> _WHAT YOU NEED TO DO_
The task requires restating, word for word, the lines of the entries below from the one containing "validate_literal = refl" through the final one, both included.

> _EXERCISE DATA_
▼

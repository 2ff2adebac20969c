-- ===== src/Tests/Safety.antt =====
-- The guard and `Validate` on concrete queries.
use querylynx.Base.{none, some, ok, ◌≡◌, refl, ◌∷◌, ◌++◌, arith, ◌⊎◌, true, length}
use querylynx.Base.Int.{pos}
use querylynx.Strings.{codes}
use querylynx.Regex.{match_string}
use querylynx.Safety.{
  split_statements, check, empty_query, stacked_statements, statement_type, strip,
}
use querylynx.Safety.Statements.{statements, split_statements-statements}
use querylynx.Safety.Allowlist.{IsSelect, check-IsSelect, check-append}
use querylynx.Postgres.{Config, validate, limit_re}
use querylynx.Postgres.Limit.{
  limit_clause, validate-limit, validate-statements, validate_two_semicolons,
}
use querylynx.Postgres.Comments.{scan, visible, validate_commented}
use querylynx.Tests.Running.{run_safety}

check-select : check (codes "  select 1 ; ") ≡ none
unfolding run_safety
check-select = refl

check_blank : check (codes " ; ") ≡ some empty_query
unfolding run_safety
check_blank = refl

check_delete : check (codes "delete from t") ≡ some (statement_type (codes "DELETE"))
unfolding run_safety
check_delete = refl

-- U+017F, a long s, is upper-cased to S.
check_long_s : check (0x17f ∷ codes "elect 1") ≡ none
unfolding run_safety
check_long_s = refl

check-append_example :
    check (codes "SELECT 1" ++ b';' ∷ codes " DROP TABLE x;") ≡ some (stacked_statements 2)
unfolding run_safety
check-append_example =
    check-append (codes "SELECT 1") (codes " DROP TABLE x;") (omega arith) (omega arith)

check-IsSelect_example : IsSelect (codes "  select 1 ; ")
check-IsSelect_example = check-IsSelect (codes "  select 1 ; ") check-select

abbrev cfg : Config
cfg = record { dsn = codes "postgres://h/db"; row_cap = pos 1000 }

validate_plain : validate cfg (codes " SELECT 1;") ≡ ok (codes "SELECT 1 LIMIT 1000")
unfolding run_safety
validate_plain = refl

validate_twice : validate cfg (codes "SELECT 1;;") ≡ ok (codes "SELECT 1; LIMIT 1000")
unfolding run_safety
validate_twice = refl

-- The word LIMIT in a literal keeps the clause away.
validate_literal :
    validate cfg (codes "SELECT * FROM t WHERE a = 'limit'")
    ≡ ok (codes "SELECT * FROM t WHERE a = 'limit'")
unfolding run_safety
validate_literal = refl

validate_comment : validate cfg (codes "SELECT 1 -- all") ≡ ok (codes "SELECT 1 -- all LIMIT 1000")
unfolding run_safety
validate_comment = refl

validate-limit_example :
    (check (codes " SELECT 1;") ≡ none)
    × (match_string limit_re (codes "SELECT 1 LIMIT 1000") ≡ true)
    × ((codes "SELECT 1 LIMIT 1000" ≡ strip (codes " SELECT 1;"))
        ⊎ (codes "SELECT 1 LIMIT 1000" ≡ strip (codes " SELECT 1;") ++ limit_clause cfg))
validate-limit_example = validate-limit cfg (codes " SELECT 1;") validate_plain

split_statements-statements_example :
    length (split_statements (codes "a; ;b;")) ≡ statements (codes "a; ;b;")
split_statements-statements_example = split_statements-statements (codes "a; ;b;")

validate-statements_example : statements (codes "SELECT 1 LIMIT 1000") ≡ 1
validate-statements_example =
    validate-statements cfg (codes " SELECT 1;") validate_plain (unfold run_safety in ground arith)

validate_two_semicolons_example :
    (check (codes "SELECT 1;;") ≡ none)
    × (check (codes "SELECT 1; LIMIT 1000") ≡ some (stacked_statements 2))
validate_two_semicolons_example =
    validate_two_semicolons cfg (codes "SELECT 1;;") (codes "SELECT 1") validate_twice
      (unfold run_safety in refl) (unfold run_safety in refl)

validate_commented_example :
    (codes "SELECT 1 -- all LIMIT 1000" ≡ strip (codes "SELECT 1 -- all") ++ limit_clause cfg)
    × (visible (codes "SELECT 1 -- all LIMIT 1000") ≡ visible (strip (codes "SELECT 1 -- all")))
validate_commented_example =
    validate_commented cfg (codes "SELECT 1 -- all") validate_comment (unfold run_safety in refl)
      (unfold run_safety scan in refl)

▲

> _SOLUTION TO THIS TASK_
validate_literal = refl

validate_comment : validate cfg (codes "SELECT 1 -- all") ≡ ok (codes "SELECT 1 -- all LIMIT 1000")
unfolding run_safety
validate_comment = refl

validate-limit_example :
    (check (codes " SELECT 1;") ≡ none)
    × (match_string limit_re (codes "SELECT 1 LIMIT 1000") ≡ true)
    × ((codes "SELECT 1 LIMIT 1000" ≡ strip (codes " SELECT 1;"))
        ⊎ (codes "SELECT 1 LIMIT 1000" ≡ strip (codes " SELECT 1;") ++ limit_clause cfg))
validate-limit_example = validate-limit cfg (codes " SELECT 1;") validate_plain

split_statements-statements_example :
    length (split_statements (codes "a; ;b;")) ≡ statements (codes "a; ;b;")
split_statements-statements_example = split_statements-statements (codes "a; ;b;")

validate-statements_example : statements (codes "SELECT 1 LIMIT 1000") ≡ 1
validate-statements_example =
    validate-statements cfg (codes " SELECT 1;") validate_plain (unfold run_safety in ground arith)

validate_two_semicolons_example :
    (check (codes "SELECT 1;;") ≡ none)
    × (check (codes "SELECT 1; LIMIT 1000") ≡ some (stacked_statements 2))
validate_two_semicolons_example =
    validate_two_semicolons cfg (codes "SELECT 1;;") (codes "SELECT 1") validate_twice
      (unfold run_safety in refl) (unfold run_safety in refl)

validate_commented_example :
    (codes "SELECT 1 -- all LIMIT 1000" ≡ strip (codes "SELECT 1 -- all") ++ limit_clause cfg)
    × (visible (codes "SELECT 1 -- all LIMIT 1000") ≡ visible (strip (codes "SELECT 1 -- all")))
validate_commented_example =
    validate_commented cfg (codes "SELECT 1 -- all") validate_comment (unfold run_safety in refl)
      (unfold run_safety scan in refl)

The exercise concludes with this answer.